The analyses of rainfall data for the Daspalla region in Odisha, India revealed that a considerable amount of rainfall (651 mm) was lost due to the processes of runoff, deep percolation and evaporation. This implies that the excess rainfall could be stored in on-farm reservoirs or water harvesting tanks. By knowing the most probable date of the onset and withdrawal of effective monsoon, agricultural operations could be planned in advance and also corrective and contingency measures can be taken up during dry periods to avoid crop loss or reduction in crop yield due to soil moisture stress. Since post-monsoon rainfall is more uncertain and erratic than southwest monsoon, growing of high-value post-monsoon crops without supplementary irrigation would be risky.
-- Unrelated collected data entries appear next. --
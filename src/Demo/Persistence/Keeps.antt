-- ===== src/Demo/Persistence/Keeps.antt =====
-- What persisting and recovering a command leave alone.
use dogos_memory.Base.{
  Option, Result-cases, Text, inl, inr, none, refl, require, some, ℕ, ◌&&◌, ◌∙◌, ◌≡◌,
}
use dogos_memory.Demo.Models.{completion_conflict, invalid_recovered_completion}
use dogos_memory.Demo.Persistence.{
  PersistOutcome, agrees, anchor, append_0, append_1, check_existing, completion_memory_id,
  completion_source, find_0, find_1, noted, nothing_persisted, persist, persist_checked,
  persist_from, recover, recover_from, recovered_receipt,
}
use dogos_memory.Demo.Session.{ActionCommand, ActionReceipt, CompletionSource, ReceiptStatus}
use dogos_memory.Demo.World.{Runtime, World}
use dogos_memory.Demo.World.Keeps.{IsPreorder, Keeps, Keeps-bind, Keeps-lift_bind}
use dogos_memory.Memory.Database.{Database}
use dogos_memory.Memory.Models.{MemoryInput, StoredMemory}
use dogos_memory.Memory.Store.{append, find_memory}
use dogos_memory.Memory.Store.History.{append_only}

abbrev pub SameDispatched : World → World → Type 0
SameDispatched w w' = w'.dispatched ≡ w.dispatched

-- Every memory of either file reads back the same.
abbrev pub KeepsMemories : World → World → Type 0
KeepsMemories w w' =
    ((id : Text) (x : StoredMemory)
      → find_memory w.db_0 id ≡ some x
      → find_memory w'.db_0 id ≡ some x)
    × ((id : Text) (x : StoredMemory)
        → find_memory w.db_1 id ≡ some x
        → find_memory w'.db_1 id ≡ some x)

-- Neither dispatches a command nor loses a memory.
abbrev pub IsQuiet : World → World → Type 0
IsQuiet w w' = SameDispatched w w' × KeepsMemories w w'

pub KeepsMemories-IsPreorder : IsPreorder KeepsMemories
KeepsMemories-IsPreorder = record {
  same = λ w. (λ id x h. h, λ id x h. h);
  then = λ w w' w'' r s. (λ id x h. s.0 id x (r.0 id x h), λ id x h. s.1 id x (r.1 id x h));
}

pub IsQuiet-IsPreorder : IsPreorder IsQuiet
IsQuiet-IsPreorder = record {
  same = λ w. (refl, KeepsMemories-IsPreorder.same w);
  then = λ w w' w'' r s. (s.0 ∙ r.0, KeepsMemories-IsPreorder.then w w' w'' r.1 s.1);
}

-- a turn of the loop of `persist` that keeps every memory
noted-keeps :
    (dog owner : Text) (m : MemoryInput) (now : ℕ) (db : Database) (out : PersistOutcome)
    (id : Text) (x : StoredMemory)
    → find_memory db id ≡ some x
    → find_memory (noted dog (append owner m now db) db out).1 id ≡ some x
noted-keeps dog owner m now db out id x h = elim (Result-cases (append owner m now db)) [
  | inr (e, p) ↦ rw p h
  | inl ((r, db'), p) ↦ rw p (append_only owner id m now db p h)
]

module _ (rt : Runtime) where
  open rt use {binding_0, binding_1, clock}

  append_0-IsQuiet : (m : MemoryInput) (out : PersistOutcome) → Keeps IsQuiet (append_0 rt m out)
  unfolding append_0
  append_0-IsQuiet m out = record {
    at = λ w. (
      refl,
      (
        λ id x h.
            noted-keeps binding_0.dog.dog_id binding_0.owner_id m (clock w.readings) w.db_0 out id x
              h,
        λ id x h. h,
      ),
    );
  }

  append_1-IsQuiet : (m : MemoryInput) (out : PersistOutcome) → Keeps IsQuiet (append_1 rt m out)
  unfolding append_1
  append_1-IsQuiet m out = record {
    at = λ w. (
      refl,
      (
        λ id x h. h,
        λ id x h.
            noted-keeps binding_1.dog.dog_id binding_1.owner_id m (clock w.readings) w.db_1 out id x
              h,
      ),
    );
  }

  persist_from-IsQuiet :
      (c : ActionCommand) (source : CompletionSource) (at : ℕ)
      → Keeps IsQuiet (persist_from rt c source at)
  unfolding persist_from
  persist_from-IsQuiet c source at = Keeps-lift_bind IsQuiet-IsPreorder _ _ λ m.
      Keeps-bind IsQuiet-IsPreorder _ _ (append_0-IsQuiet m nothing_persisted)
        λ out. Keeps-lift_bind IsQuiet-IsPreorder _ _ λ m'. append_1-IsQuiet m' out

  persist_checked-IsQuiet :
      (status : ReceiptStatus) (source : Option CompletionSource) (c : ActionCommand) (at : ℕ)
      → Keeps IsQuiet (persist_checked rt status source c at)
  persist_checked-IsQuiet ReceiptStatus.completed (some source) c at =
      persist_from-IsQuiet c source at
  persist_checked-IsQuiet _ _ c at = record { at = IsQuiet-IsPreorder.same }

  pub persist-IsQuiet : (c : ActionCommand) (r : ActionReceipt) → Keeps IsQuiet (persist rt c r)
  unfolding persist
  persist-IsQuiet c r = persist_checked-IsQuiet r.status r.source c r.occurred_at_ms

  recover_from-IsQuiet :
      (c : ActionCommand) (m0 m1 a : Option StoredMemory)
      → Keeps IsQuiet (recover_from rt c m0 m1 a)
  recover_from-IsQuiet c m0 m1 none = record { at = IsQuiet-IsPreorder.same }
  recover_from-IsQuiet c m0 m1 (some a) =
      Keeps-lift_bind IsQuiet-IsPreorder (require (check_existing c a) invalid_recovered_completion)
        _
        λ u.
          Keeps-lift_bind IsQuiet-IsPreorder
            (require (agrees a m0 && agrees a m1) completion_conflict) _
            λ v. Keeps-lift_bind IsQuiet-IsPreorder (completion_source a.source) _ λ source.
              Keeps-bind IsQuiet-IsPreorder _ _
                (persist-IsQuiet c (recovered_receipt c source a.occurred_at_ms))
                λ out. record { at = IsQuiet-IsPreorder.same }

  -- Recovering a command dispatches nothing and loses no memory.
  pub recover-IsQuiet : (c : ActionCommand) → Keeps IsQuiet (recover rt c)
  unfolding recover find_0 find_1
  recover-IsQuiet c =
      Keeps-bind IsQuiet-IsPreorder (find_0 rt (completion_memory_id c)) _
        (record { at = IsQuiet-IsPreorder.same })
        λ m0.
          Keeps-bind IsQuiet-IsPreorder (find_1 rt (completion_memory_id c)) _
            (record { at = IsQuiet-IsPreorder.same })
            λ m1. recover_from-IsQuiet c m0 m1 (anchor m0 m1)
Since mean length of rainy season was 21 weeks (147 days), rice crop variety of ~130–140-day duration could easily be grown with little fear of drought, and the rice crop could be harvested before withdrawal of monsoon. Hence, the chances of reduction of rice yield due to water stress would be reduced. On the other hand, long-duration rice has every chance to undergo a period of drought or water stress situation, and yield reduction may happen because of the coincidence that the critical growth stage of rice, i.e. the reproductive phase, may fall during the receding phase of monsoon. In case of delayed onset and earlier withdrawal of monsoon season, short-duration rice variety of ~100 days can be grown. Our analyses reveal that the log Pearson type III and Gumbel probability distribution functions can be used for prediction of monsoon and post-monsoon rainfall, respectively, for the region under study. The analyses of rainfall using Markov chain model highlighted the knowledge of probability of dry spells and wet weeks in a year. This would form a useful guide for contingency crop planning; the appropriate soil and crop management would reduce risks associated with erratic rainfall pattern and mitigation of dry spells. Mulching and other moisture conservation practices would help reducing soil evaporation and conserve moisture in the soil even during the midseason dry weeks. The emphasis and importance should be given to the rainfed agricultural activities similar to irrigated areas. It requires concerted water governance and management priorities, efforts involving institutional capacities, policy frameworks and generation of knowledge on natural resources management.